All of the entries need to be repeated exactly. Leave nothing out.

[[ Records, beginning ]]

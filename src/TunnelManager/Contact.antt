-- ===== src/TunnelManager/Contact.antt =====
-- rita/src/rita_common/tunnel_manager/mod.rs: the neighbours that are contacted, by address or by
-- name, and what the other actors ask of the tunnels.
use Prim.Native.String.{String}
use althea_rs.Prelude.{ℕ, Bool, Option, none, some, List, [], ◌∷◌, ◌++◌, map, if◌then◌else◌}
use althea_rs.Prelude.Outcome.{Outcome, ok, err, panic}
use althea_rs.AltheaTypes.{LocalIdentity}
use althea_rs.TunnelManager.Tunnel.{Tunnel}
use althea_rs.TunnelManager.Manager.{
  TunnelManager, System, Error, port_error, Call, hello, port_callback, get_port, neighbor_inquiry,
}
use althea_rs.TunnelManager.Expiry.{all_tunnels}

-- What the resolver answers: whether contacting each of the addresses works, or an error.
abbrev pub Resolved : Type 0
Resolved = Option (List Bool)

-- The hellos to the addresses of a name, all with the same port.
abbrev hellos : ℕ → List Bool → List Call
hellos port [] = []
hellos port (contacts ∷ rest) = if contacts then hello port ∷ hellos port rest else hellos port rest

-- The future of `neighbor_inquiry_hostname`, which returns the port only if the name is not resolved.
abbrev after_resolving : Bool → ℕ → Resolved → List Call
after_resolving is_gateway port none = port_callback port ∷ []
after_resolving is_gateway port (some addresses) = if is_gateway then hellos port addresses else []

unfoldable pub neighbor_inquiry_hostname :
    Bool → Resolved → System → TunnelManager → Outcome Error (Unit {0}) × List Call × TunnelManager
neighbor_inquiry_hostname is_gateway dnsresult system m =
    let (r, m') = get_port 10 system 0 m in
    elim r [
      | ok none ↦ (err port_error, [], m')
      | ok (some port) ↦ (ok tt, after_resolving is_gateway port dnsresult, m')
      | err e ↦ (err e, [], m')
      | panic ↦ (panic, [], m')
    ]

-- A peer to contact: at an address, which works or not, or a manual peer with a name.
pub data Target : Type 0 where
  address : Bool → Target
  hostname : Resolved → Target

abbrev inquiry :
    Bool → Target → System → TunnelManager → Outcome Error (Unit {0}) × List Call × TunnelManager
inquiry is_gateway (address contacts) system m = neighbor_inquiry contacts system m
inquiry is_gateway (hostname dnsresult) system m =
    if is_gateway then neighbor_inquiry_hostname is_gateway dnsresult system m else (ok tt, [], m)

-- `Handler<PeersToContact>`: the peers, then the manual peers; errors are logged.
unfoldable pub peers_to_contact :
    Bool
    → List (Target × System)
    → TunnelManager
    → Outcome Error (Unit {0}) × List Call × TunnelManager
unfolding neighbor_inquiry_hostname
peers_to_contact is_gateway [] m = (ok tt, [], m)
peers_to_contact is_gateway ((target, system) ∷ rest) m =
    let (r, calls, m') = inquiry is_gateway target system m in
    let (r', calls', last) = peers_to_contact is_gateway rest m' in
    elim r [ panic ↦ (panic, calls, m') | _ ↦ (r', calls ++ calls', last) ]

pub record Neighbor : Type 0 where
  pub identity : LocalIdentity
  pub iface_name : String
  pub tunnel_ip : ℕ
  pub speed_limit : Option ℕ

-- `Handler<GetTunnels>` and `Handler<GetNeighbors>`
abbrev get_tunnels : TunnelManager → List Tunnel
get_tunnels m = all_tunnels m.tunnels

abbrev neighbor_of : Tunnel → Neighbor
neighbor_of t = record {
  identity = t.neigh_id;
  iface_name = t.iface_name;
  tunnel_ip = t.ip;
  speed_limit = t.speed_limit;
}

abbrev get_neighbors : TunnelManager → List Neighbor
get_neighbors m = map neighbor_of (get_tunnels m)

[[ Records, end ]]

**Completed task:**
filename src/TunnelManager/Contact.antt
-- ===== src/TunnelManager/Contact.antt =====
-- rita/src/rita_common/tunnel_manager/mod.rs: the neighbours that are contacted, by address or by
-- name, and what the other actors ask of the tunnels.
use Prim.Native.String.{String}
use althea_rs.Prelude.{ℕ, Bool, Option, none, some, List, [], ◌∷◌, ◌++◌, map, if◌then◌else◌}
use althea_rs.Prelude.Outcome.{Outcome, ok, err, panic}
use althea_rs.AltheaTypes.{LocalIdentity}
use althea_rs.TunnelManager.Tunnel.{Tunnel}
use althea_rs.TunnelManager.Manager.{
  TunnelManager, System, Error, port_error, Call, hello, port_callback, get_port, neighbor_inquiry,
}
use althea_rs.TunnelManager.Expiry.{all_tunnels}

-- What the resolver answers: whether contacting each of the addresses works, or an error.
abbrev pub Resolved : Type 0
Resolved = Option (List Bool)

-- The hellos to the addresses of a name, all with the same port.
abbrev hellos : ℕ → List Bool → List Call
hellos port [] = []
hellos port (contacts ∷ rest) = if contacts then hello port ∷ hellos port rest else hellos port rest

-- The future of `neighbor_inquiry_hostname`, which returns the port only if the name is not resolved.
abbrev after_resolving : Bool → ℕ → Resolved → List Call
after_resolving is_gateway port none = port_callback port ∷ []
after_resolving is_gateway port (some addresses) = if is_gateway then hellos port addresses else []

unfoldable pub neighbor_inquiry_hostname :
    Bool → Resolved → System → TunnelManager → Outcome Error (Unit {0}) × List Call × TunnelManager
neighbor_inquiry_hostname is_gateway dnsresult system m =
    let (r, m') = get_port 10 system 0 m in
    elim r [
      | ok none ↦ (err port_error, [], m')
      | ok (some port) ↦ (ok tt, after_resolving is_gateway port dnsresult, m')
      | err e ↦ (err e, [], m')
      | panic ↦ (panic, [], m')
    ]

-- A peer to contact: at an address, which works or not, or a manual peer with a name.
pub data Target : Type 0 where
  address : Bool → Target
  hostname : Resolved → Target

abbrev inquiry :
    Bool → Target → System → TunnelManager → Outcome Error (Unit {0}) × List Call × TunnelManager
inquiry is_gateway (address contacts) system m = neighbor_inquiry contacts system m
inquiry is_gateway (hostname dnsresult) system m =
    if is_gateway then neighbor_inquiry_hostname is_gateway dnsresult system m else (ok tt, [], m)

-- `Handler<PeersToContact>`: the peers, then the manual peers; errors are logged.
unfoldable pub peers_to_contact :
    Bool
    → List (Target × System)
    → TunnelManager
    → Outcome Error (Unit {0}) × List Call × TunnelManager
unfolding neighbor_inquiry_hostname
peers_to_contact is_gateway [] m = (ok tt, [], m)
peers_to_contact is_gateway ((target, system) ∷ rest) m =
    let (r, calls, m') = inquiry is_gateway target system m in
    let (r', calls', last) = peers_to_contact is_gateway rest m' in
    elim r [ panic ↦ (panic, calls, m') | _ ↦ (r', calls ++ calls', last) ]

pub record Neighbor : Type 0 where
  pub identity : LocalIdentity
  pub iface_name : String
  pub tunnel_ip : ℕ
  pub speed_limit : Option ℕ

-- `Handler<GetTunnels>` and `Handler<GetNeighbors>`
abbrev get_tunnels : TunnelManager → List Tunnel
get_tunnels m = all_tunnels m.tunnels

abbrev neighbor_of : Tunnel → Neighbor
neighbor_of t = record {
  identity = t.neigh_id;
  iface_name = t.iface_name;
  tunnel_ip = t.ip;
  speed_limit = t.speed_limit;
}

abbrev get_neighbors : TunnelManager → List Neighbor
get_neighbors m = map neighbor_of (get_tunnels m)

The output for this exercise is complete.